Tradition continues with the Maravi finally reaching Msinja, where they met the Pre-Maravi, led by the Makewana. As invaders, the Kalonga aimed to destroy the Pre-Maravi's political organisation by attacking the shrine on Kaphirintiwa Hill, but the shrine was difficult to reach and fiercely defended. In his defeat, the Kalonga accepted the Makewana's ritual authority, taking her secular authority, and it was established that the Banda clan would provide the Kalonga's principal wife (titled Mwali). The Pre-Maravi's socio-political organisation was incorporated into the Maravi state. Possibly due to concerns about causing friction with the Pre-Maravi, the Maravi continued their migration, stopping at Mawere a Nyangu (Note: So-called because it featured two hills likened to Nyangu's breasts (who was Kalonga's mother or sister and head of the Phiri clan).) for a long time. A dispute arose around the practise of dark magic, and the poison mwavi was distributed in order to kill the culprit, but many innocent people died. Two relatives of the Kalonga, Kaphiti and Lundu, were thought to be the culprits, which caused a dispute between Changamire (the Kalonga's brother) and Kaphiti. Possibly after a succession dispute, Kaphiti and Lundu broke away to the south to establish their own kingdoms. The Kalonga sent Changamire south to expand the state and found new settlements, as he intended to migrate north. After their population outgrew the land at Mawere a Nyangu, they finally moved onto Msangu wa Machete, which was near the Nadzipulu River (in Dedza District) and Lake Malawi. According to Ntara's Mbiri ya Achewa, the Banda built their village called Mankhamba and the Phiri built theirs called Malawi. Archaeological research indicates that Mankhamba was settled (likely by the Pre-Maravi) between the 12th and 14th centuries, and the Maravi were very likely present there from at least the mid-15th century due to evidence of long-distance trade. Juwayeyi considers Mankhamba to have been Kalonga's capital; however, Kings M. Phiri thought it to have been Manthimba. The area southwest of Lake Malawi became the new homeland of the Maravi.

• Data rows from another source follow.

-- ===== src/Encoder/Sized/Substreams.antt =====
-- What is measured on a sizing stream first, and then written: submessages and packed arrays.
use breakpoint.Base.{
  ℕ, ◌%◌, ◌≡◌, refl, ap, ◌∙◌, true, false, List, [], length, ltb, ◌==◌, if◌then◌else◌, arith,
  Bool-cases, inl, inr,
}
use breakpoint.Errors.{stream_full}
use breakpoint.Outcome.{Outcome, ok, fail, fault, stuck, M}
use breakpoint.Input.{size_mod}
use breakpoint.Output.{Ostream, add_size, pb_ostream_sizing, pb_write}
use breakpoint.Output.Sizing.{
  IsWriter, IsSizer, Appends, ahead, ahead-mod, pb_encode_varint-IsSized, sizing_run,
}
use breakpoint.Memory.{Memory}
use breakpoint.Encoder.{EncState, on_output, return_error}
use breakpoint.Encoder.Values.{
  is_sizing, sub_state, adopt, second_pass, write_submessage, first_pass, pb_encode_submessage,
}
use breakpoint.Encoder.Sized.{on, Sizes, Counts, IsSized, IsSized-bind, IsSized-on_output}

-- The fresh sizing stream.
pub pb_ostream_sizing-IsSizer : IsSizer pb_ostream_sizing
unfolding pb_ostream_sizing
pb_ostream_sizing-IsSizer = record { callback = refl; small = omega arith }

-- pb_write of nothing but a count, on a stream that only counts.
pub count_only :
    (n : ℕ) (mem : Memory) (z : Ostream)
    → IsSizer z
    → on_output (pb_write [] n) (on mem z) ≡ ok tt (on mem (ahead n z))
unfolding pb_write
count_only n mem z h = rw (sizing_run [] n z z.callback h.callback) refl

writer : (s : Ostream) → IsWriter s → is_sizing s.callback ≡ false
writer s h = ap is_sizing h.callback

sizer : (z : Ostream) → IsSizer z → is_sizing z.callback ≡ true
sizer z h = ap is_sizing h.callback

module _ (mem : Memory) where
  -- A run on a buffer that writes as much as `size` says, if it succeeds.
  abbrev pub Writes : ℕ → Ostream → Outcome EncState (Unit {0}) → Type 0
  Writes size s (ok _ t) =
      (bytes : List ℕ) × Appends bytes s t.output
      × (t.mem ≡ mem)
      × (size % size_mod ≡ length bytes % size_mod)
  Writes size s (fail t) = Unit {0}
  Writes size s fault = Unit {0}
  Writes size s stuck = Unit {0}

  -- `if (stream->callback == NULL) return pb_write(stream, NULL, size);`, and then the second pass.
  abbrev pub unless_sizing : ℕ → M EncState (Unit {0}) → M EncState (Unit {0})
  unless_sizing size write s =
      if is_sizing s.output.callback then on_output (pb_write [] size) s else write s

  module _ (size : ℕ) (write : M EncState (Unit {0})) where
    Writes-Sizes :
        (s : Ostream) (o : Outcome EncState (Unit {0}))
        → Writes size s o
        → Sizes mem (unless_sizing size write) s o
    Writes-Sizes s (ok _ t) (bs, p, same, e) = (
      bs,
      p,
      same,
      λ z h.
          rw (sizer z h) (
            count_only size mem z h
            ∙ ap (λ z'. ok tt (on mem z')) (ahead-mod size (length bs) z e)),
    )
    Writes-Sizes s (fail t) p = tt
    Writes-Sizes s fault p = tt
    Writes-Sizes s stuck p = tt

    pub IsSized-unless_sizing :
        ((s : Ostream) → IsWriter s → Writes size s (write (on mem s)))
        → IsSized mem (unless_sizing size write)
    IsSized-unless_sizing h = record {
      writing = λ s w. rw (writer s w) (Writes-Sizes s (write (on mem s)) (h s w));
      counting = λ z w. rw (sizer z w) (rw (count_only size mem z w) (size, refl));
    }

  module _ (encode : M EncState (Unit {0})) (h : IsSized mem encode) where
    adopt-Appends :
        (size : ℕ) (s : Ostream) (bs : List ℕ) (t : Ostream)
        → Appends bs (sub_state size (on mem s)).output t
        → IsWriter s
        → Appends bs s (adopt s t)
    adopt-Appends size s bs t p w = record {
      callback = w.callback;
      written = p.written;
      counted = omega (arith, p.counted);
    }

    second_pass-Writes :
        (size : ℕ) (s : Ostream) (o : Outcome EncState (Unit {0}))
        → IsWriter s
        → Sizes mem encode (sub_state size (on mem s)).output o
        → Writes size s (second_pass size (on mem s) o)
    second_pass-Writes size s (ok _ t) w (bs, p, same, _) =
        elim (Bool-cases (t.output.bytes_written == size)) [
          | inl e ↦
              rw e
                (bs, adopt-Appends size s bs t.output p w, same, let q = p.counted in ground arith)
          | inr e ↦ rw e tt
        ]
    second_pass-Writes size s (fail t) w p = elim (Bool-cases (t.output.bytes_written == size)) [
      | inl e ↦ rw e tt
      | inr e ↦ rw e tt
    ]
    second_pass-Writes size s fault w p = tt
    second_pass-Writes size s stuck w p = tt

    sub_state-IsWriter :
        (size : ℕ) (s : Ostream) → IsWriter s → IsWriter (sub_state size (on mem s)).output
    sub_state-IsWriter size s w = record { callback = w.callback; small = omega arith }

    write_submessage-IsSized : (size : ℕ) → IsSized mem (write_submessage encode size)
    unfolding write_submessage
    write_submessage-IsSized size =
        IsSized-bind mem _ _ (IsSized-on_output mem _ (pb_encode_varint-IsSized size)) λ _.
          IsSized-unless_sizing size
            (λ s.
              if ltb s.output.max_size (add_size s.output.bytes_written size)
              then return_error stream_full s
              else second_pass size s (encode (sub_state size s)))
            λ s w. elim (Bool-cases (ltb s.max_size (add_size s.bytes_written size))) [
              | inl full ↦ rw full tt
              | inr room ↦ rw room (
                  second_pass-Writes size s _ w
                    (h.writing (sub_state size (on mem s)).output (sub_state-IsWriter size s w)))
            ]

    first_pass-IsSized :
        (o : Outcome EncState (Unit {0}))
        → Counts mem pb_ostream_sizing o
        → IsSized mem (λ s. first_pass encode s o)
    first_pass-IsSized (ok _ t) (n, e) = record {
      writing = λ s w. rw e ((write_submessage-IsSized _).writing s w);
      counting = λ z w. rw e ((write_submessage-IsSized _).counting z w);
    }
    first_pass-IsSized (fail t) c = record { writing = λ s w. tt; counting = λ z w. tt }
    first_pass-IsSized fault c = record { writing = λ s w. tt; counting = λ z w. tt }
    first_pass-IsSized stuck c = record { writing = λ s w. tt; counting = λ z w. tt }

    pub pb_encode_submessage-IsSized : IsSized mem (pb_encode_submessage encode)
    unfolding pb_encode_submessage
    pb_encode_submessage-IsSized =
        let passes =
          first_pass-IsSized (encode (on mem pb_ostream_sizing))
            (h.counting pb_ostream_sizing pb_ostream_sizing-IsSizer) in
        record { writing = λ s w. passes.writing s w; counting = λ z w. passes.counting z w }
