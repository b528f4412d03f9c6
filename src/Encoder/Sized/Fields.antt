-- ===== src/Encoder/Sized/Fields.antt =====
-- Single fields are counted right.
use breakpoint.Base.{ℕ, ◌≡◌, ap, ◌∙◌, Bool, true, false, List, if◌then◌else◌}
use breakpoint.Outcome.{ok, fault, M}
use breakpoint.Output.{Ostream}
use breakpoint.Output.Sizing.{IsSizer, ahead}
use breakpoint.Memory.{Memory, load}
use breakpoint.Descriptor.{Field, pb_ltype}
use breakpoint.Descriptor.LType
use breakpoint.Encoder.{EncState, Env, read_mem}
use breakpoint.Encoder.Fields.{
  Nested, pb_enc_submessage, pb_encoders, SizePointer, local, member, read_has, read_count,
  encode_by_rule,
}
use breakpoint.Encoder.Sized.{on, IsSized, IsSized-read_mem, sized_rules}
use breakpoint.Encoder.Sized.Arrays.{
  encode_array-IsSized, pb_enc_fixed32_width, pb_enc_fixed64_width,
}
use breakpoint.Encoder.Sized.Values.{
  pb_enc_varint-IsSized, pb_enc_uvarint-IsSized, pb_enc_svarint-IsSized, pb_enc_fixed32-IsSized,
  pb_enc_fixed64-IsSized, pb_enc_bytes-IsSized, pb_enc_string-IsSized,
  pb_enc_fixed_length_bytes-IsSized, pb_encode_tag_for_field-IsSized,
}
use breakpoint.Encoder.Sized.Substreams.{pb_encode_submessage-IsSized}

module _ (mem : Memory) where
  module _ (env : Env) (nested : Nested)
      (h : (fields : List Field) (src : ℕ) → IsSized mem (nested fields src)) where
    pb_enc_submessage-IsSized :
        (f : Field) (src : ℕ) → IsSized mem (pb_enc_submessage env nested f src)
    unfolding pb_enc_submessage
    pb_enc_submessage-IsSized f src = search (sized_rules, pb_encode_submessage-IsSized, h) depth 8

    no_encoder-IsSized : IsSized mem {A = Unit {0}} (λ s. fault)
    no_encoder-IsSized = record { writing = λ s w. tt; counting = λ z w. tt }

    choose-IsSized :
        (b : Bool) (m n : Field → ℕ → M EncState (Unit {0})) (f : Field) (src : ℕ)
        → IsSized mem (m f src)
        → IsSized mem (n f src)
        → IsSized mem ((if b then m else n) f src)
    choose-IsSized true m n f src hm hn = hm
    choose-IsSized false m n f src hm hn = hn

    pub pb_encoders-IsSized :
        (ltype : ℕ) (f : Field) (src : ℕ) → IsSized mem (pb_encoders env nested ltype f src)
    unfolding pb_encoders
    pb_encoders-IsSized ltype f src =
        search
          (
            choose-IsSized, pb_enc_varint-IsSized, pb_enc_uvarint-IsSized, pb_enc_svarint-IsSized,
            pb_enc_fixed32-IsSized, pb_enc_fixed64-IsSized, pb_enc_bytes-IsSized,
            pb_enc_string-IsSized, pb_enc_submessage-IsSized, pb_enc_fixed_length_bytes-IsSized,
            no_encoder-IsSized,
          )
          depth 12

    fixed32_width :
        (f : Field)
        → pb_ltype f.type ≡ LType.fixed32
        → (p : ℕ) (z : Ostream) → IsSizer z
        → pb_encoders env nested (pb_ltype f.type) f p (on mem z) ≡ ok tt (on mem (ahead 4 z))
    unfolding pb_encoders
    fixed32_width f e p z h =
        ap (λ t. pb_encoders env nested t f p (on mem z)) e ∙ pb_enc_fixed32_width mem f p z h

    fixed64_width :
        (f : Field)
        → pb_ltype f.type ≡ LType.fixed64
        → (p : ℕ) (z : Ostream) → IsSizer z
        → pb_encoders env nested (pb_ltype f.type) f p (on mem z) ≡ ok tt (on mem (ahead 8 z))
    unfolding pb_encoders
    fixed64_width f e p z h =
        ap (λ t. pb_encoders env nested t f p (on mem z)) e ∙ pb_enc_fixed64_width mem f p z h

    read_has-IsSized : (size : SizePointer) → IsSized mem (read_mem (read_has size))
    read_has-IsSized size = search sized_rules

    read_count-IsSized : (size : SizePointer) → IsSized mem (read_count size)
    read_count-IsSized (local has) = record { writing = λ s w. tt; counting = λ z w. tt }
    read_count-IsSized (member a) = IsSized-read_mem mem (load 4 a)

    pub encode_by_rule-IsSized :
        (f : Field) (p_data : ℕ) (size : SizePointer)
        → IsSized mem (encode_by_rule env nested f p_data size)
    unfolding encode_by_rule
    encode_by_rule-IsSized f p_data size =
        let array = λ (count : ℕ).
          encode_array-IsSized mem f count p_data (pb_encoders env nested (pb_ltype f.type) f)
            (pb_encoders-IsSized (pb_ltype f.type) f) (fixed32_width f) (fixed64_width f) in
        search
          (
            sized_rules, pb_encoders-IsSized, read_count-IsSized, array,
            pb_encode_tag_for_field-IsSized,
          )
          depth 16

=== Expansion and apogee ===
The empire was expanded with the Kalonga sending his sons and family members to found new tributary polities and giving them emblems of office (such as an iron stool), as he had done with Changamire to present-day Ntcheu District, whose polity became relatively powerful. Juwayeyi mentions Chidzonzi as the successor of Chinkhole, and says that he led the Maravi out of Choma. K. M. Phiri wrote that Chidzonzi was the Kalonga when Undi, Kalonga's brother, broke away unilaterally, and was the best-known out of the Kalongas for his founding of various institutions, such as the Mlira cult. The first Undi's departure was reportedly due to a succession dispute, while other traditions attribute it to his distaste of Mankhamba or a dispute with the new Kalonga around dinner customs (a clash between political seniority and familial seniority). In the succession dispute, Undi had the support of most of the royal family but not the counsellors (new Kalongas had to be of the Phiri clan and descendants of Nyangu, and approved by counsellors). When Undi left, most of the royal family followed, including the Nyangu. He stopped at Msinja before settling at Mano (in modern-day Tete Province, Mozambique). The Nyangu's accompaniment meant Undi could nominate succession candidates. At Mankhamba, Mwali's role became more significant, giving Kalonga's counsellors (who were all Banda) more power. At Mano, Undi expanded his influence towards Msinja, to such levels he could also appoint the Makewana's successors, and his authority reached as far as the Luangwa River in the 17th century. His forces are said to have conquered the eastern Nsenga; however, their oral traditions have no memory of this, and it is possible they were vassals. (Note: Tradition says the invasion was led by Chimwala, Undi's nephew, who defeated Mundikula, leader of the Mwanza, the most prominent Nsenga clan. After this, Chimwala is said to have subjugated Chifuka, head of the Lungu clan, after which all other Nsenga submitted.) Chulu was either a son of the Kalonga and was sent north or left Undi during his migration, and settled in the southern Tumbuka lands of Chimaliro (in modern-day Kasungu District). By the end of the 17th century, Chulu had declined and been replaced by Mwase, traditionally an elephant hunter who had rid the community of dangerous animals and ended local conflicts.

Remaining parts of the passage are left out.